Just adding to this bugreport, as I'm seeing similar problems. I've got 2 Samba servers serving as (1) PDC and print server and (2) file server. The hardware in question is IBM HS20 bladeservers (2x2.8GHz Xeon, 4G ram, SAN storage). The OS is SLES 9 fully patched, the samba packages comes from SerNet.de. The clients are Windows 2000 PC, 3300 of them. The servers have frequent lockups, mainly at peak hours. The PDC more than the fileserver. As they are production servers one has to press "the reset button" asap to get the servers alive again. But once the PDC went down off hours and one could see that several nmdb prosesses were taking all the resources leaving the server with 100+ in load. "#killall -9 nmbd" returned the server to normal state. No logs during or after the lockup are available, as nothing is writen in the logs after lockup. The lockup comes abruptly, a top session grinds to a halt showing load of ~1.75. Logs right before the halting are filled with: rumba smbd[19007]: [2005/04/04 11:33:57, 0] tdb/tdbutil.c:tdb_log(725) rumba smbd[19007]: tdb(/var/lib/samba/locking.tdb): tdb_lock failed on list 78 ltype=1 (Resource deadlock avoided) smbd[19007]: [2005/04/04 11:33:57, 0] smbd/oplock.c:oplock_break(708) smbd[19007]: oplock_break: unable to lock share entry for file directory/batchfile.bat smbd[19007]: [2005/04/04 11:33:57, 0] smbd/oplock.c:process_local_message(451) smbd[19007]: process_local_message: oplock break failed. smbd[19007]: [2005/04/04 11:33:57, 0] tdb/tdbutil.c:tdb_log(725) smbd[19007]: tdb(/var/lib/samba/locking.tdb): tdb_lock failed on list 78 ltype=1 (Resource deadlock avoided) smbd[19007]: [2005/04/04 11:33:57, 0] tdb/tdbutil.c:tdb_log(725) smbd[19007]: tdb(/var/lib/samba/locking.tdb): tdb_lock failed on list 78 ltype=0 (Resource deadlock avoided) smbd[19007]: [2005/04/04 11:33:57, 0] tdb/tdbutil.c:tdb_log(725) smbd[19007]: tdb(/var/lib/samba/locking.tdb): tdb_unlock: count is 0 for different smbd prosesses.
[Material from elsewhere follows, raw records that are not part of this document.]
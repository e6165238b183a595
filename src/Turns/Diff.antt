-- ===== src/Turns/Diff.antt =====
-- The difference of two snapshots in internal/turns/feed.go, and that a client who applies it holds
-- the newer one.
use ferngeist_acp_gateway.Prelude.{
  ℕ, ◌≡◌, refl, sym, ap, subst, ◌∙◌, Bool, true, false, not, ◌||◌, Option, none, some, List, [],
  ◌∷◌, ◌==◌, arith, if◌then◌else◌, beq→eq, beq_of_ne, Bool-cases, inl, inr, ◌⊎◌,
}
use ferngeist_acp_gateway.Map
use ferngeist_acp_gateway.Map.{Map}
use ferngeist_acp_gateway.Turns.Types.{Status, Key, key_of, by_key, same_status, same_status→eq}
use ferngeist_acp_gateway.Turns.Keys.{
  present, OneEach, last_of, last_of-absent, last_of-hit, last_of-miss, last_of-present,
}

pub record Snapshot : Type 0 where
  pub observed_at : ℕ
  pub turns : List Status

pub record Change : Type 0 where
  pub observed_at : ℕ
  pub upserts : List Status
  pub removed : List Key

-- `previous[keyOf(st)] = st` for every status in order.
unfoldable pub index_turns : List Status → Map Key Status → Map Key Status
index_turns [] m = m
index_turns (st ∷ l) m = index_turns l (Map.insert (key_of st) st m)

-- `!ok || !sameStatus(old, st)`
abbrev pub is_changed : Option Status → Status → Bool
is_changed none st = true
is_changed (some old) st = not (same_status old st)

unfoldable pub upserts_of : Map Key Status → List Status → List Status
upserts_of previous [] = []
upserts_of previous (st ∷ l) =
    let rest = upserts_of previous l in
    if is_changed (Map.lookup (key_of st) previous) st then st ∷ rest else rest

unfoldable pub removed_of : List Status → List Status → List Key
removed_of next [] = []
removed_of next (st ∷ l) =
    let rest = removed_of next l in if present (key_of st) next then rest else key_of st ∷ rest

unfoldable pub diff_turns : List Status → Snapshot → Change
unfolding Map.empty
diff_turns last next = record {
  observed_at = next.observed_at;
  upserts = upserts_of (index_turns last Map.empty) next.turns;
  removed = removed_of next.turns last;
}

-- The client's side of the contract, in docs/api.md: what it holds by key, and a change applied to it,
-- the removed keys first.
unfoldable pub drop_keys : List Key → Map Key Status → Map Key Status
drop_keys [] m = m
drop_keys (k ∷ l) m = drop_keys l (Map.delete k m)

unfoldable pub apply : Change → Map Key Status → Map Key Status
apply c m = index_turns c.upserts (drop_keys c.removed m)

pub index_turns-lookup :
    (k : Key) (l : List Status) (m : Map Key Status)
    → Map.lookup k (index_turns l m) ≡ last_of k l (Map.lookup k m)
unfolding index_turns last_of
index_turns-lookup k [] m = refl
index_turns-lookup k (st ∷ l) m =
    index_turns-lookup k l (Map.insert (key_of st) st m)
    ∙ ap (last_of k l) (Map.lookup-insert k (key_of st) st m)

upserts_of-absent :
    (k : Key) (previous : Map Key Status) (l : List Status)
    → present k l ≡ false
    → present k (upserts_of previous l) ≡ false
unfolding present upserts_of
upserts_of-absent k previous [] h = refl
upserts_of-absent k previous (st ∷ l) h = ground (arith, upserts_of-absent k previous l)

unchanged : (o : Option Status) (st : Status) → is_changed o st ≡ false → o ≡ some st
unchanged none st h = ground arith
unchanged (some old) st h = ap some (same_status→eq old st (ground arith))

-- After the upserts a key of the next list has the next list's status.
upserts-last :
    (k : Key) (previous : Map Key Status) (l : List Status)
    → OneEach l
    → last_of k (upserts_of previous l) (Map.lookup k previous)
      ≡ last_of k l (Map.lookup k previous)
unfolding OneEach last_of upserts_of
upserts-last k previous [] h = refl
upserts-last k previous (st ∷ l) (alone, h) = elim (Bool-cases (key_of st == k)) [
  | inr q ↦ rw q (elim (Bool-cases (is_changed (Map.lookup (key_of st) previous) st)) [
    | inl c ↦ rw c (
        last_of-miss k st (upserts_of previous l) (Map.lookup k previous) q
        ∙ upserts-last k previous l h)
    | inr c ↦ rw c (upserts-last k previous l h)
  ])
  | inl q ↦
      let e = beq→eq (key_of st) k q in
      let alone' : present k l ≡ false = subst (λ j. present j l ≡ false) e alone in
      rw q (elim (Bool-cases (is_changed (Map.lookup (key_of st) previous) st)) [
        | inl c ↦ rw c (
            last_of-hit k st (upserts_of previous l) (Map.lookup k previous) q
            ∙ (last_of-absent k (upserts_of previous l) (some st)
                  (upserts_of-absent k previous l alone')
                ∙ sym (last_of-absent k l (some st) alone')))
        | inr c ↦ rw c (
            last_of-absent k (upserts_of previous l) (Map.lookup k previous)
              (upserts_of-absent k previous l alone')
            ∙ (ap (λ j. Map.lookup j previous) (sym e)
                ∙ unchanged (Map.lookup (key_of st) previous) st c)
            ∙ sym (last_of-absent k l (some st) alone'))
      ])
]

drop_keys-lookup :
    (k : Key) (ks : List Key) (m : Map Key Status)
    → Map.lookup k m ≡ none
    → Map.lookup k (drop_keys ks m) ≡ none
unfolding drop_keys
drop_keys-lookup k [] m h = h
drop_keys-lookup k (j ∷ ks) m h =
    drop_keys-lookup k ks (Map.delete j m) (ground (arith, Map.lookup-delete k j m))

-- A removed key is gone, and any other is untouched.
drop_keys-removed :
    (k : Key) (next last : List Status) (m : Map Key Status)
    → present k last ≡ true
    → present k next ≡ false
    → Map.lookup k (drop_keys (removed_of next last) m) ≡ none
unfolding present removed_of drop_keys
drop_keys-removed k next [] m h f = ground arith
drop_keys-removed k next (st ∷ l) m h f = elim (Bool-cases (key_of st == k)) [
  | inl q ↦
      let e = beq→eq (key_of st) k q in
      let f' : present (key_of st) next ≡ false = subst (λ j. present j next ≡ false) (sym e) f in
      rw f' (
        drop_keys-lookup k (removed_of next l) (Map.delete (key_of st) m)
          (subst (λ j. Map.lookup k (Map.delete j m) ≡ none) (sym e) (Map.lookup-delete_self k m)))
  | inr q ↦ elim (Bool-cases (present (key_of st) next)) [
    | inl p ↦ rw p (drop_keys-removed k next l m (ground arith) f)
    | inr p ↦ rw p (drop_keys-removed k next l (Map.delete (key_of st) m) (ground arith) f)
  ]
]

skips :
    (j k : Key) (next l : List Status)
    → present j next ≡ false
    → (present k next ≡ true) ⊎ (((j == k) || present k l) ≡ false)
    → (j == k) ≡ false
skips j k next l p (inr h) = ground arith
skips j k next l p (inl h) =
    beq_of_ne j k (λ e. ground (arith, sym (ap (λ x. present x next) e) ∙ p))

drop_keys-kept :
    (k : Key) (next last : List Status) (m : Map Key Status)
    → (present k next ≡ true) ⊎ (present k last ≡ false)
    → Map.lookup k (drop_keys (removed_of next last) m) ≡ Map.lookup k m
unfolding present removed_of drop_keys
drop_keys-kept k next [] m h = refl
drop_keys-kept k next (st ∷ l) m h = elim (Bool-cases (present (key_of st) next)) [
  | inl p ↦ rw p (drop_keys-kept k next l m (ground arith))
  | inr p ↦
      let ne : (key_of st == k) ≡ false = skips (key_of st) k next l p h in
      rw p (
        drop_keys-kept k next l (Map.delete (key_of st) m) (ground arith)
        ∙ (Map.lookup-delete k (key_of st) m ∙ rw ne refl))
]

index_turns-empty :
    (k : Key) (l : List Status) → Map.lookup k (index_turns l Map.empty) ≡ last_of k l none
index_turns-empty k l =
    index_turns-lookup k l Map.empty ∙ ap (last_of k l) (Map.lookup-empty {V = Status} k)

-- What a client holds that applies the difference to the last snapshot is the next snapshot, at
-- every key, where the next snapshot has no key twice.
pub diff_turns-apply :
    (last : List Status) (next : Snapshot) (k : Key)
    → OneEach next.turns
    → Map.lookup k (apply (diff_turns last next) (index_turns last Map.empty))
      ≡ Map.lookup k (index_turns next.turns Map.empty)
unfolding apply diff_turns
diff_turns-apply last next k one =
    let held = index_turns last (Map.empty {V = Status}) in
    let ups = upserts_of held next.turns in
    let kept = drop_keys (removed_of next.turns last) held in
    let wanted = sym (index_turns-empty k next.turns) in
    index_turns-lookup k ups kept ∙ elim (Bool-cases (present k next.turns)) [
      | inl p ↦
          ap (last_of k ups) (drop_keys-kept k next.turns last held (inl p))
          ∙ (upserts-last k held next.turns one
              ∙ (last_of-present k next.turns (Map.lookup k held) none p ∙ wanted))
      | inr p ↦
          last_of-absent k ups (Map.lookup k kept) (upserts_of-absent k held next.turns p)
          ∙ elim (Bool-cases (present k last)) [
            | inl r ↦
                drop_keys-removed k next.turns last held r p
                ∙ (sym (last_of-absent k next.turns none p) ∙ wanted)
            | inr r ↦
                drop_keys-kept k next.turns last held (inr r)
                ∙ (index_turns-empty k last
                    ∙ (last_of-absent k last none r
                        ∙ (sym (last_of-absent k next.turns none p) ∙ wanted)))
          ]
    ]
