-- ===== src/Turns/Store.antt =====
-- internal/turns/store.go: the latest finished outcome of each chat, and the snapshot that lists
-- them with the running turns. `slices.SortFunc` is a stable insertion sort: Go does not say how it
-- orders statuses that compare as equal.
pub mod Eviction
pub mod Outcomes
pub mod Sorted
use Prim.Native.Nat.{Ordering, compare}
use Prim.Native.String.{compare as compare_text}
use ferngeist_acp_gateway.Prelude.{
  is_less, ℕ, Bool, true, false, Option, none, some, List, [], ◌∷◌, ◌++◌, ltb, leb, if◌then◌else◌,
}
use ferngeist_acp_gateway.Map
use ferngeist_acp_gateway.Map.{Map}
use ferngeist_acp_gateway.Turns.Types.{Status, Key, key_of, by_key}
use ferngeist_acp_gateway.Turns.Keys.{present}

abbrev pub max_outcomes : ℕ
max_outcomes = 4096

pub record Store : Type 0 where
  pub outcomes : Map Key Status

unfoldable pub new_store : Store
unfolding Map.empty
new_store = record { outcomes = Map.empty }

-- `cmp.Or`
abbrev pub or_else : Ordering → Ordering → Ordering
or_else Ordering.lt next = Ordering.lt
or_else Ordering.eq next = next
or_else Ordering.gt next = Ordering.gt

unfoldable pub compare_age : Status → Status → Ordering
compare_age a b = or_else (compare a.changed_at b.changed_at) (
    or_else (compare_text a.agent_id b.agent_id) (
      or_else (compare_text a.session_id b.session_id)
        (compare_text a.gateway_session_id b.gateway_session_id)))

-- The loop's `oldest`, `none` while `first` is set.
unfoldable pub oldest_of : Option Status → List (Key × Status) → Option Status
oldest_of best [] = best
oldest_of none ((k, st) ∷ rest) = oldest_of (some st) rest
oldest_of (some oldest) ((k, st) ∷ rest) =
    oldest_of (if is_less (compare_age st oldest) then some st else some oldest) rest

-- The key of the zero status where there is no outcome.
unfoldable pub oldest_locked : Store → Key
oldest_locked s = elim (oldest_of none s.outcomes.entries) [
  | none ↦ record { agent_id = ""; gateway_session_id = ""; session_id = "" }
  | some oldest ↦ key_of oldest
]

abbrev pub finished : Status → Status
finished st = record st { attention = [] }

-- The chat's outcome so far is an argument.
unfoldable pub keep_latest : Status → Option Status → Store → Store
keep_latest st (some old) s =
    if ltb st.started_at old.started_at
    then s
    else record { outcomes = Map.insert (key_of st) st s.outcomes }
keep_latest st none s =
    let room =
      if leb max_outcomes (Map.size s.outcomes)
      then Map.delete (oldest_locked s) s.outcomes
      else s.outcomes in
    record { outcomes = Map.insert (key_of st) st room }

-- `Store.Record`
unfoldable pub record_outcome : Status → Store → Store
unfolding keep_latest
record_outcome st s = keep_latest (finished st) (Map.lookup (key_of st) s.outcomes) s

unfoldable pub compare_keys : Status → Status → Ordering
compare_keys a b = or_else (compare_text a.agent_id b.agent_id) (
    or_else (compare_text a.session_id b.session_id)
      (compare_text a.gateway_session_id b.gateway_session_id))

unfoldable pub insert_sorted : Status → List Status → List Status
insert_sorted st [] = st ∷ []
insert_sorted st (x ∷ l) =
    let rest = insert_sorted st l in if is_less (compare_keys x st) then x ∷ rest else st ∷ x ∷ l

unfoldable pub sort_turns : List Status → List Status
sort_turns [] = []
sort_turns (st ∷ l) = insert_sorted st (sort_turns l)

-- The outcomes of the chats that do not run.
unfoldable pub resting : List Status → List (Key × Status) → List Status
resting live [] = []
resting live ((k, st) ∷ l) = let rest = resting live l in if present k live then rest else st ∷ rest

unfoldable pub snapshot : List Status → Store → List Status
unfolding sort_turns resting
snapshot live s = sort_turns (live ++ resting live s.outcomes.entries)
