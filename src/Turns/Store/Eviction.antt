-- ===== src/Turns/Store/Eviction.antt =====
-- Which outcome leaves a full store of turns/store.go.
use Prim.Native.Nat.{Ordering, compare}
use ferngeist_acp_gateway.Prelude.{
  is_less, ℕ, ◌≤◌, ◌<◌, ◌≡◌, refl, ap, ◌∙◌, true, false, none, some, List, [], ◌∷◌, arith, All,
  Bool-cases, inl, inr, length,
}
use ferngeist_acp_gateway.Map
use ferngeist_acp_gateway.Map.{Map}
use ferngeist_acp_gateway.Turns.Types.{Status, Key, key_of, by_key}
use ferngeist_acp_gateway.Turns.Store.{Store, or_else, compare_age, oldest_of, oldest_locked}

-- Every outcome stands under its own key.
abbrev pub IsKeyed : Store → Type 0
IsKeyed s = (k : Key) (st : Status) → Map.lookup k s.outcomes ≡ some st → key_of st ≡ k

less_first : (a b : ℕ) (o : Ordering) → is_less (or_else (compare a b) o) ≡ true → a ≤ b
less_first a b o h = ground arith

not_less_first : (a b : ℕ) (o : Ordering) → is_less (or_else (compare a b) o) ≡ false → b ≤ a
not_less_first a b o h = ground arith

older : (a b : Status) → is_less (compare_age a b) ≡ true → a.changed_at ≤ b.changed_at
unfolding compare_age
older a b h = less_first a.changed_at b.changed_at _ h

not_older : (a b : Status) → is_less (compare_age a b) ≡ false → b.changed_at ≤ a.changed_at
unfolding compare_age
not_older a b h = not_less_first a.changed_at b.changed_at _ h

oldest_of-some :
    (P : Status → Type 0) (best : Status) (l : List (Key × Status))
    → P best
    → All (λ e. P e.1) l
    → (st : Status) × (oldest_of (some best) l ≡ some st)
      × P st
      × (st.changed_at ≤ best.changed_at)
      × All (λ e. st.changed_at ≤ e.1.changed_at) l
unfolding oldest_of
oldest_of-some P best [] p all = (best, refl, p, omega arith, tt)
oldest_of-some P best ((k, x) ∷ l) p all = elim (Bool-cases (is_less (compare_age x best))) [
  | inl q ↦
      let (st, e, ps, le, least) = oldest_of-some P x l all.0 all.1 in
      (st, rw q e, ps, omega (arith, le, older x best q), (le, least))
  | inr q ↦
      let (st, e, ps, le, least) = oldest_of-some P best l p all.1 in
      (st, rw q e, ps, le, (omega (arith, le, not_older x best q), least))
]

oldest_of-none :
    (P : Status → Type 0) (l : List (Key × Status))
    → 0 < length l
    → All (λ e. P e.1) l
    → (st : Status) × (oldest_of none l ≡ some st)
      × P st
      × All (λ e. st.changed_at ≤ e.1.changed_at) l
unfolding oldest_of
oldest_of-none P [] h all = absurd (omega arith)
oldest_of-none P ((k, x) ∷ l) h all =
    let (st, e, ps, le, least) = oldest_of-some P x l all.0 all.1 in (st, e, ps, (le, least))

-- A store that is not empty has its oldest outcome under the key that the eviction deletes, and no
-- other changed before it.
pub oldest_locked_lem :
    (s : Store)
    → IsKeyed s
    → 0 < Map.size s.outcomes
    → (oldest : Status) × (oldest_locked s ≡ key_of oldest)
      × (Map.lookup (key_of oldest) s.outcomes ≡ some oldest)
      × ((k : Key) (other : Status)
          → Map.lookup k s.outcomes ≡ some other
          → oldest.changed_at ≤ other.changed_at)
unfolding oldest_locked Map.size
oldest_locked_lem s keyed h =
    let (st, e, found, least) =
      oldest_of-none (λ x. Map.lookup (key_of x) s.outcomes ≡ some x) s.outcomes.entries h
        (Map.All-of_lookup (λ x. Map.lookup (key_of x.1) s.outcomes ≡ some x.1) s.outcomes
          (λ k v q. ap (λ j. Map.lookup j s.outcomes) (keyed k v q) ∙ q)) in
    (
      st,
      rw (e, oldest_locked) refl,
      found,
      λ k other q.
          Map.lookup_of_All (λ x. st.changed_at ≤ x.1.changed_at) s.outcomes k other least q,
    )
This behavior has been experienced with 3.0.11 and 3.0.13 versions from build by sernet.de Time for a downgrade :-)
Ok, if this is seen when nmbd is spinning, it's probably not a smbd issue but one of resource starvation when nmbd is undergoing problems. Can you attach to the spinnign nmbd with gdb and get us a backtrace ? Thanks, Jeremy.
no feedback from reporter in over a month. closing.